▸ **AIM OF THE EXERCISE**:
Copy each line that contains the string "refl", taking them from the material.

▸ **EXERCISE INPUTS**:
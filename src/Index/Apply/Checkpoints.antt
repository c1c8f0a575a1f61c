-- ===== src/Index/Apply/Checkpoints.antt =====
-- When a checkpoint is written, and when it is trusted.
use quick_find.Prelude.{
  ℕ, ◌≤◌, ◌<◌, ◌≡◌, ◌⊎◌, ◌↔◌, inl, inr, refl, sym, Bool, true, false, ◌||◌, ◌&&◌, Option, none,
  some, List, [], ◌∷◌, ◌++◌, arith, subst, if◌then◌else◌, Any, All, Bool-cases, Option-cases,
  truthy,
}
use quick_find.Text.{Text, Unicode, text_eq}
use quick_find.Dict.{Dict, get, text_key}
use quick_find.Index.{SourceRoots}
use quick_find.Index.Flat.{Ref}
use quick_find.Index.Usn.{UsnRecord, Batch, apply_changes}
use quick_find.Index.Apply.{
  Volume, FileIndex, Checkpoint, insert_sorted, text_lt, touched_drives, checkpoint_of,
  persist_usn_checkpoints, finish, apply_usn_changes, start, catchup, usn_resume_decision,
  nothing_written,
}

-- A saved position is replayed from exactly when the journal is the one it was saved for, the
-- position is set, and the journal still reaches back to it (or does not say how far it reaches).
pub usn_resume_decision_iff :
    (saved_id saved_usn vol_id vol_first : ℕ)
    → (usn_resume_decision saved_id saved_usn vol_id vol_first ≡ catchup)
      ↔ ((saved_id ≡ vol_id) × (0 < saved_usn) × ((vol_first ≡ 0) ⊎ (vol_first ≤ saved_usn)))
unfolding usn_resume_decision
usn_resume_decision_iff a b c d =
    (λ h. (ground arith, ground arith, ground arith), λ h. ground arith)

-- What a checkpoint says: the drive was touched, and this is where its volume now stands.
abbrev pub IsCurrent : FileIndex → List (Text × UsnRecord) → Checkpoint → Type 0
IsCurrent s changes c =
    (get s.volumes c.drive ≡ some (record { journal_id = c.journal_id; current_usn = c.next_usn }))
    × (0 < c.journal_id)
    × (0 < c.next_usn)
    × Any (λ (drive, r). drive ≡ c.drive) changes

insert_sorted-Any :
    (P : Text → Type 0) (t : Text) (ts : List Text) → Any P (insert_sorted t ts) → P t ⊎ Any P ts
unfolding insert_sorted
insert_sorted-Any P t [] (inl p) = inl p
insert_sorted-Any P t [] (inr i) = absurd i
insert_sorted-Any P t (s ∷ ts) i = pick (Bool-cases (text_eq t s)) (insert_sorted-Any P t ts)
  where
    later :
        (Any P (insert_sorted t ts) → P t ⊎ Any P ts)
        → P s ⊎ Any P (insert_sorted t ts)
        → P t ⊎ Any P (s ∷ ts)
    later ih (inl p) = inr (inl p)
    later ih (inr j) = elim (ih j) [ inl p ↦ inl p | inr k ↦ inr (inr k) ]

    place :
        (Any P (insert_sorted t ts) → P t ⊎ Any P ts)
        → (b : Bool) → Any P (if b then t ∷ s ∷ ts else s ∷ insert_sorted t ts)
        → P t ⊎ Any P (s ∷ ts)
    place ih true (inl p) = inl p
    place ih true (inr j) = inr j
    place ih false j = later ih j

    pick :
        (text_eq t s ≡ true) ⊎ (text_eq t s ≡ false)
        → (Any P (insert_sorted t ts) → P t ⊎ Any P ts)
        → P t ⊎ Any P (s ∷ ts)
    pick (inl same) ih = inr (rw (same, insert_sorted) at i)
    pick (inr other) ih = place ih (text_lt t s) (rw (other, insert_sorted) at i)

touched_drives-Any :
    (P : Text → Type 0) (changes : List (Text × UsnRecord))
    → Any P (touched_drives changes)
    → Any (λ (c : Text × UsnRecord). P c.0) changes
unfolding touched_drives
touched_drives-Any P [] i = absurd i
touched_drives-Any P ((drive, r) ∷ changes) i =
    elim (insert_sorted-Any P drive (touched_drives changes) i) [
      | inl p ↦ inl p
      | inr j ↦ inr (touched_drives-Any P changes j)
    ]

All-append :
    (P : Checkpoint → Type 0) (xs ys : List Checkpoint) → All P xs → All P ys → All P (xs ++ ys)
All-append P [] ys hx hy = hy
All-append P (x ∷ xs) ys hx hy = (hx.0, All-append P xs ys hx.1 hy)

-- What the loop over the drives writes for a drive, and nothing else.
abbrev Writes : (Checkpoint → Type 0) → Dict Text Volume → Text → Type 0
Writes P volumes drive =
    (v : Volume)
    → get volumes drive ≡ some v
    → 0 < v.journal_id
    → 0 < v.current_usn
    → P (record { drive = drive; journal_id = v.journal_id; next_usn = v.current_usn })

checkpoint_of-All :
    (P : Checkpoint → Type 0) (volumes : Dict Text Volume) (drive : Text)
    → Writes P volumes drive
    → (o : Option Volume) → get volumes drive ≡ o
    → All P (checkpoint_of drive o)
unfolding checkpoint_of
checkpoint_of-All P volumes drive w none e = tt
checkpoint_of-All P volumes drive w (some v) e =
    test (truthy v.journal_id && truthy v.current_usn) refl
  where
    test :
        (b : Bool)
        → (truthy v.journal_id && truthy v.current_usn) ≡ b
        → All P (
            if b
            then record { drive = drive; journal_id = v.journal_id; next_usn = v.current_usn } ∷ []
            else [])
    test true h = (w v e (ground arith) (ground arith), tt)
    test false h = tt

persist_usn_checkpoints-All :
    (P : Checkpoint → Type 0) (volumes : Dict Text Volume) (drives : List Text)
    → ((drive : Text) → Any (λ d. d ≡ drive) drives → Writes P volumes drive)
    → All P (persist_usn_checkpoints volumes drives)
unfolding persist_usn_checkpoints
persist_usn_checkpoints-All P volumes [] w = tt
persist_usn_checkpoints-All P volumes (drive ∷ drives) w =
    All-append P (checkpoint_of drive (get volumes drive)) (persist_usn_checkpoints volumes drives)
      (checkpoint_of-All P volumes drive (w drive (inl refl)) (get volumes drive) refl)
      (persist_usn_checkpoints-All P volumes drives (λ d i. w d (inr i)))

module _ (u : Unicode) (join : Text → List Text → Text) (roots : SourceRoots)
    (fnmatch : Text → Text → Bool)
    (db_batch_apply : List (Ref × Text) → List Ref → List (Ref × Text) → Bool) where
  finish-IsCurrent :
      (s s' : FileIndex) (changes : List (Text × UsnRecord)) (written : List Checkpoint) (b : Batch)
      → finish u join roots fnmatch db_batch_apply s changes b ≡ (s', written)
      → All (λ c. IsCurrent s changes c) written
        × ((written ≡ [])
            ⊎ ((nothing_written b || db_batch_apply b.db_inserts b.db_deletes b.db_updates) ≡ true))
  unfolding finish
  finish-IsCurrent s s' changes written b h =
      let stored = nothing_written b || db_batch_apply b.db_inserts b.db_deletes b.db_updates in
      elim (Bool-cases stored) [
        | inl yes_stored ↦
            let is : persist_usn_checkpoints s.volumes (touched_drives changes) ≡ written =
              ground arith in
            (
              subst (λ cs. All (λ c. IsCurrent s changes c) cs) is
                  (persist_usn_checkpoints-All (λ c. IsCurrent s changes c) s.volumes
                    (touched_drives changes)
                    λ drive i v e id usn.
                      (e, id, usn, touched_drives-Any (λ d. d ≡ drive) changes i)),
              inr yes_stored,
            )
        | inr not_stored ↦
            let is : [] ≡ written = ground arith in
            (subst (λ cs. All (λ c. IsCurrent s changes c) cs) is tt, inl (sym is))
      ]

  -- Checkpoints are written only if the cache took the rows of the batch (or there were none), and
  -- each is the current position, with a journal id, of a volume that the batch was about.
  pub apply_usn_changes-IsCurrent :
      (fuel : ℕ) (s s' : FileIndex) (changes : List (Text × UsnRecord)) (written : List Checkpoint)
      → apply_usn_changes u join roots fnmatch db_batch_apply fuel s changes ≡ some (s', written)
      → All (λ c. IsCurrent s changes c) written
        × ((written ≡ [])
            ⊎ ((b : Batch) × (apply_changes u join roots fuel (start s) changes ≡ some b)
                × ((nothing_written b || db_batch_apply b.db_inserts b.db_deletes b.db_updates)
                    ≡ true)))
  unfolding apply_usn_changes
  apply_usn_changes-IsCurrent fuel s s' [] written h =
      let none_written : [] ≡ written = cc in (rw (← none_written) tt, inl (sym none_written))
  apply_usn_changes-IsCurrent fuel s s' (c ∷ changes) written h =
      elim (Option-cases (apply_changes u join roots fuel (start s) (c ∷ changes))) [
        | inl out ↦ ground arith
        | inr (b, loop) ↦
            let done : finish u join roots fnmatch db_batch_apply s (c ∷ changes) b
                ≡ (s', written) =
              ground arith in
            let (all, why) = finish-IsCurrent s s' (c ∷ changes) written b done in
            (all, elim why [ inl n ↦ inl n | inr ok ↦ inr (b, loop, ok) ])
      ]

▸ **SOLUTION TO THIS EXERCISE**:
  ℕ, ◌≤◌, ◌<◌, ◌≡◌, ◌⊎◌, ◌↔◌, inl, inr, refl, sym, Bool, true, false, ◌||◌, ◌&&◌, Option, none,
    test (truthy v.journal_id && truthy v.current_usn) refl
      (checkpoint_of-All P volumes drive (w drive (inl refl)) (get volumes drive) refl)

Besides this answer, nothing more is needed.